[Material supplied Boundary: Start]

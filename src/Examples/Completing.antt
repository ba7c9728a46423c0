-- ===== src/Examples/Completing.antt =====
-- The completion of a problem of rtl_designs/problem_compiler.py at concrete inputs.
use htn_llm_rtl_gen.Completing.{Draft}
use htn_llm_rtl_gen.Completing.Declaring.{
  is_named, arguments, first_number, text_before, key_before, insert_key, keyed, declare_missing,
  is_value_name,
}
use htn_llm_rtl_gen.Completing.Declaring.Declared.{Adds, declare_missing_lem}
use htn_llm_rtl_gen.Completing.Compiling.{split_last, fact_of_line, complete}
use htn_llm_rtl_gen.Completing.Compiling.Raises.{OnlyRaised, complete-OnlyRaised}
use htn_llm_rtl_gen.Problem.Reading.{Problem}
use htn_llm_rtl_gen.Problem.Sexpr.{Sexpr, atom}
use htn_llm_rtl_gen.Shared.{
  but_last, digits_of, ◌≡◌, ◌↔◌, ◌||◌, false, refl, true, some, List, [], ◌∷◌, filter, all, nat_eq,
  list_beq, list_eq, pair_eq, contains, Str, codes, is_space, is_digit, join, words_from, words,
  read_digits, read_nat, strip_prefix, ok,
}

abbrev counted : List Str → List (List Str × Sexpr) → List Str → Draft
counted declared objects notes = record {
  name = atom (codes "p");
  module_name = codes "m";
  objects = objects;
  facts =
      (codes "counts_to" ∷ codes "m" ∷ codes "n12" ∷ [])
      ∷ (codes "counts_from" ∷ codes "m" ∷ codes "n3" ∷ [])
      ∷ [];
  declared = declared;
  notes = notes;
}

abbrev before_declaring : Draft
before_declaring = counted [] [] []

abbrev after_declaring : Draft
after_declaring =
    counted (codes "n3" ∷ codes "n12" ∷ [])
      ((codes "n3" ∷ codes "n12" ∷ [], atom (codes "value")) ∷ [])
      (codes "declared n3 n12 as value" ∷ [])

declares : declare_missing is_value_name "value" before_declaring ≡ ok after_declaring
unfolding declare_missing is_named arguments digits_of first_number text_before key_before
    insert_key keyed filter contains list_beq codes strip_prefix is_digit all join read_nat
    read_digits
declares = refl

declare_missing_lem_example :
    (missing : List Str) × ((a : Str)
      → (contains missing a ≡ true) ↔ (
          (contains (arguments before_declaring.facts) a ≡ true)
          × (is_value_name a ≡ true)
          × (contains before_declaring.declared a ≡ false)))
    × Adds (atom (codes "value")) before_declaring.objects missing after_declaring.objects
    × (after_declaring.facts ≡ before_declaring.facts)
    × ((a : Str)
        → contains after_declaring.declared a
          ≡ (contains before_declaring.declared a || contains missing a))
declare_missing_lem_example =
    declare_missing_lem is_value_name "value" before_declaring after_declaring declares

test_line :
    fact_of_line (codes "(state_code A n0)") ≡ codes "state_code" ∷ codes "A" ∷ codes "n0" ∷ []
unfolding fact_of_line but_last words words_from is_space codes
test_line = refl

test_split : split_last (codes "n0 n1 - value") ≡ some (codes "n0 n1", codes "value")
unfolding split_last strip_prefix codes
test_split = refl

abbrev recogniser : Problem
recogniser = record {
  name = atom (codes "p");
  module_name = codes "m";
  objects = [];
  facts = (codes "recognises" ∷ codes "m" ∷ codes "flag" ∷ codes "seq011" ∷ []) ∷ [];
}

complete-OnlyRaised_example : OnlyRaised (complete (λ items. []) recogniser)
complete-OnlyRaised_example = complete-OnlyRaised (λ items. []) recogniser
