-- ===== src/StateEncoding/Width.antt =====
-- The width of the state register.
use native.Mathlib.Nat.{two-pow-succ}
use htn_llm_rtl_gen.StateEncoding.{bits_within, bit_length, code_width}
use htn_llm_rtl_gen.Shared.{
  max, ℕ, zero, suc, ◌-◌, ◌/◌, ◌^◌, ◌≤◌, ◌<◌, ◌≡◌, inl, inr, arith, ◌==◌, Bool-cases, nat_eq,
}

-- Every number is below two to its bit length.
bits_within-upper : (f n : ℕ) → n ≤ f → n < 2 ^ bits_within f n
unfolding bits_within
bits_within-upper zero n h = omega arith
bits_within-upper (suc f) n h = elim (Bool-cases (n == 0)) [
  | inl e ↦ rw e (ground arith)
  | inr e ↦ rw (e, two-pow-succ) (ground (arith, bits_within-upper f (n / 2)))
]

-- No smaller power of two exceeds it.
bits_within-least : (f n v : ℕ) → n < 2 ^ v → bits_within f n ≤ v
unfolding bits_within
bits_within-least zero n v h = omega arith
bits_within-least (suc f) n zero h = ground arith
bits_within-least (suc f) n (suc v) h = elim (Bool-cases (n == 0)) [
  | inl e ↦ rw e (omega arith)
  | inr e ↦ rw e (omega (arith, bits_within-least f (n / 2) v (omega (arith, two-pow-succ v))))
]

max_one : (b : ℕ) → max 1 (suc b) ≡ suc b
max_one b = omega arith

one_bit : (b n : ℕ) → n - 1 < 2 ^ b → n ≤ 2 ^ max 1 b
one_bit zero n h = omega arith
one_bit (suc b) n h = rw (max_one b) (omega arith)

-- All the codes of `n` states, at least one, fit in the width computed, and the width is the least
-- of at least one bit in which they do.
pub code_width_least :
    (n : ℕ)
    → 0 < n
    → (1 ≤ code_width n) × (n ≤ 2 ^ code_width n) × ((w : ℕ) → 1 ≤ w → n ≤ 2 ^ w → code_width n ≤ w)
unfolding code_width bit_length
code_width_least n h =
    let fits = bits_within-upper (n - 1) (n - 1) (omega arith) in
    (
      omega arith,
      ground (arith, one_bit (bits_within (n - 1) (n - 1)) n),
      λ w p q. omega (arith, bits_within-least (n - 1) (n - 1) w (omega arith)),
    )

[Material supplied Boundary: End]

What is expected: Copy out each line of the records that holds the string "counted".

Result of the exercise:
abbrev counted : List Str → List (List Str × Sexpr) → List Str → Draft
counted declared objects notes = record {
before_declaring = counted [] [] []
    counted (codes "n3" ∷ codes "n12" ∷ [])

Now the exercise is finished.